You are reading 1 of 2 free-access articles allowed for 30 days
The patient representative on the National Public Health Emergency Team (NPHET) dealing with carbapenemase-producing Enterobacteriaceae (CPE) wrote to Minister for Health Simon Harris in late 2018 to say the process had “slipped into a coma”.
In an email to Minister Harris on 28 November last, Ms Bernie O’Reilly enquired if the emergency designation on the superbugs had ended and added that “the meetings seem to have”.
The NPHET was convened after the Minister declared a public health emergency on CPE in October 2017. According to Ms O’Reilly’s email, “it had a slow start but then achieved some real outcomes”, including increased screening and a system to help limit spread.
She wrote that declaration of the emergency “kickstarted the awareness and the work – but what now?”
“As a voluntary member of NPHET representing patients and the public you would think I should know the answer to ‘what now’. But I observe that the process of work has slipped into a coma.”
The Department has signalled it will soon end the CPE public health emergency, although Minister Harris has conceded that the threat is not considered resolved.
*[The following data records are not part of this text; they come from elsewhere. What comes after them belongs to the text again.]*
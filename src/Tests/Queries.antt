-- ===== src/Tests/Queries.antt =====
-- A table of two rows on one page, and what is bound, planned and answered on it.
use simple_rdbms.Common.{ℕ, ◌≡◌, refl, true, false, none, some, List, []}
use simple_rdbms.Common.{◌∷◌, ◌++◌, replicate, Result, ok, All}
use simple_rdbms.Common.Int.{pos}
use simple_rdbms.Common.Bytes.{from_le_bytes}
use simple_rdbms.Types.Utf8.{utf8_valid}
use simple_rdbms.Ids.{PageId, Rid}
use simple_rdbms.Sql.Ast.{Name, Expr, BinaryOperator, SelectItem, SelectStatement}
use simple_rdbms.Types.Value.{DataType, null, integer, big_int, varchar}
use simple_rdbms.Storage.Heap.{entries_from}
use simple_rdbms.Catalog.Schema.{Schema, TableInfo}
use simple_rdbms.Catalog.State.{CatalogState, empty_state, create_table, table_by_id}
use simple_rdbms.Planner.BoundExpr.{BoundExpr}
use simple_rdbms.Planner.Binder.{SessionContext, bind_expr}
use simple_rdbms.Planner.Binder.Values.{types_of, Yields}
use simple_rdbms.Planner.Binder.Sound.{bind_expr-Yields}
use simple_rdbms.Planner.Binder.Statements.{BoundSelect, BoundStatement, bind_select}
use simple_rdbms.Planner.Binder.Statements.{from_table}
use simple_rdbms.Planner.Plan.{LogicalPlan, plan, to_physical}
use simple_rdbms.Txn.Transaction.{new_transaction, serializable}
use simple_rdbms.Txn.VersionStore.{default_store}
use simple_rdbms.Executor.Operators.{Tuple, Executor, LockOps, Context, lock_scanned, init}
use simple_rdbms.Executor.Operators.Drain.{Drains, passes, image}
use simple_rdbms.Executor.Operators.Scan.{read_rows}
use simple_rdbms.Executor.Factory.{build_executor}
use simple_rdbms.Executor.Select.{selected, OfTypes, select-Drains}

abbrev pub id : Name
id = b'i' ∷ b'd' ∷ []

abbrev nick : Name
nick = b'n' ∷ b'i' ∷ b'c' ∷ b'k' ∷ []

abbrev pub people : Name
people = b'p' ∷ []

abbrev pub schema : Schema
schema =
    record { name = id; data_type = DataType.integer; nullable = false }
    ∷ record { name = nick; data_type = DataType.varchar 20; nullable = true }
    ∷ []

abbrev pub table : TableInfo
table = record { table_id = 0; name = people; schema = schema; first_page_id = 6 }

abbrev pub catalog : CatalogState
catalog = record empty_state {
  tables_by_name = (people, table) ∷ [];
  tables_by_id = (0, people) ∷ [];
  next_table_id = 1;
  catalog_first_page = some 2;
}

created : create_table empty_state people schema 6 2 ≡ (ok table, catalog)
unfolding create_table
created = refl

abbrev pub session : SessionContext
session = record { database = []; schema = []; user = b'u' ∷ []; server_version = [] }

-- `id >= 6`
abbrev pub condition : Expr
condition =
    Expr.binary_op (Expr.column none id) BinaryOperator.gt_eq (Expr.literal (big_int (pos 6)))

abbrev pub bound_condition : BoundExpr
bound_condition =
    BoundExpr.binary_op (BoundExpr.column_ref 0 DataType.integer) BinaryOperator.gt_eq
      (BoundExpr.literal (integer (pos 6))) DataType.boolean

abbrev query : SelectStatement
query = record {
  items = SelectItem.expr (Expr.column none nick) ∷ SelectItem.wildcard ∷ [];
  from = some (record { name = people; alias = none });
  where_clause = some condition;
}

abbrev pub bound_query : BoundSelect
bound_query = record {
  table_id = some 0;
  projections =
      BoundExpr.column_ref 1 (DataType.varchar 20)
      ∷ BoundExpr.column_ref 0 DataType.integer
      ∷ BoundExpr.column_ref 1 (DataType.varchar 20)
      ∷ [];
  column_names = nick ∷ id ∷ nick ∷ [];
  column_types =
      some (DataType.varchar 20) ∷ some DataType.integer ∷ some (DataType.varchar 20) ∷ [];
  predicate = some bound_condition;
}

query_bound : bind_select catalog session query ≡ ok bound_query
unfolding bind_select
query_bound = refl

abbrev pub first_row : Tuple
first_row = integer (pos 5) ∷ varchar (104 ∷ 105 ∷ []) ∷ []

abbrev pub second_row : Tuple
second_row = integer (pos 7) ∷ null ∷ []

condition_bound :
    bind_expr session condition schema (some people) ≡ ok (bound_condition, some DataType.boolean)
unfolding bind_expr
condition_bound = refl

bind_expr-Yields_example : Yields second_row (bound_condition, some DataType.boolean)
bind_expr-Yields_example =
    bind_expr-Yields session condition schema (some people) (bound_condition, some DataType.boolean)
      second_row (tt, (tt, tt)) condition_bound

abbrev page : List ℕ
page =
    replicate 12 0
    ++ ((2 ∷ 0 ∷ 16 ∷ 0 ∷ 0 ∷ 0 ∷ 0 ∷ 0 ∷ 245 ∷ 15 ∷ 11 ∷ 0 ∷ 240 ∷ 15 ∷ 5 ∷ 0 ∷ [])
        ++ (replicate 4052 0
            ++ (2 ∷ 7 ∷ 0 ∷ 0 ∷ 0 ∷ 0 ∷ 5 ∷ 0 ∷ 0 ∷ 0 ∷ 2 ∷ 0 ∷ 0 ∷ 0 ∷ 104 ∷ 105 ∷ [])))

abbrev pages : PageId → Result (Unit {0}) (List ℕ)
pages page_id = ok page

-- The locks are the rows, the last that was locked first.
abbrev locks : LockOps (List Rid) (Unit {0})
locks = record {
  lock_row = λ held txn_id rid mode. (ok tt, rid ∷ held);
  lock_table = λ held txn_id table_id mode. (ok tt, held);
}

abbrev context : Context
context = record {
  catalog = catalog;
  txn = new_transaction 1 serializable 0 0;
  version_store = default_store;
}

abbrev at_slot : ℕ → Rid
at_slot slot = record { page_id = 6; slot = slot }

abbrev entries : List (Rid × List ℕ)
entries =
    (at_slot 0, 0 ∷ 5 ∷ 0 ∷ 0 ∷ 0 ∷ 2 ∷ 0 ∷ 0 ∷ 0 ∷ 104 ∷ 105 ∷ [])
    ∷ (at_slot 1, 2 ∷ 7 ∷ 0 ∷ 0 ∷ 0 ∷ [])
    ∷ []

entries_there : entries_from pages 2 (some 6) ≡ some (ok entries)
unfolding entries_from from_le_bytes
entries_there = refl

rows_read :
    read_rows locks context (types_of schema) [] entries
    ≡ some (first_row ∷ second_row ∷ [], at_slot 1 ∷ at_slot 0 ∷ [])
unfolding read_rows utf8_valid
rows_read = refl

answer :
    selected bound_query (first_row ∷ second_row ∷ []) ≡ (null ∷ integer (pos 7) ∷ null ∷ []) ∷ []
unfolding passes image
answer = refl

from_there : from_table catalog query.from ≡ ok (some table)
unfolding from_table
from_there = refl

table_there : table_by_id catalog 0 ≡ ok table
unfolding table_by_id
table_there = refl

table_locked : lock_scanned locks context [] 0 ≡ (ok tt, [])
unfolding lock_scanned
table_locked = refl

select-Drains_example :
    (p : LogicalPlan) × (e : Executor) × (e' : Executor) × (plan (BoundStatement.select bound_query)
      ≡ some p)
    × (build_executor (to_physical p) ≡ some e)
    × (init pages locks context e [] ≡ (ok tt, e', []))
    × Drains pages locks context e' []
        (selected bound_query (first_row ∷ second_row ∷ []))
        (at_slot 1 ∷ at_slot 0 ∷ [])
    × All
        (λ row. OfTypes row bound_query.column_types)
        (selected bound_query (first_row ∷ second_row ∷ []))
select-Drains_example =
    select-Drains pages locks context session query bound_query table 2 entries [] []
      (at_slot 1 ∷ at_slot 0 ∷ []) (first_row ∷ second_row ∷ []) query_bound from_there table_there
      table_locked entries_there rows_read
In a comment to the Medical Independent in May, Ms O’Reilly said the frequency of NPHET meetings had declined when she wrote to the Minister. She welcomed a recent funding commitment of €5 million on top of €2 million allocated in 2018 for infection prevention and control teams in acute hospitals and community care settings in 2019.
“I do think the HSE and Department of Health are treating antimicrobial resistance with the gravity it demands but it is not one simple fix,” stated Ms O’Reilly. “Influencing public perceptions around antimicrobial use and hand hygiene is extremely important. Our aging hospitals and healthcare buildings present difficulties and do not afford us optimum isolation facilities for infection control purposes.” She said tackling CPE will be “a long-haul job”.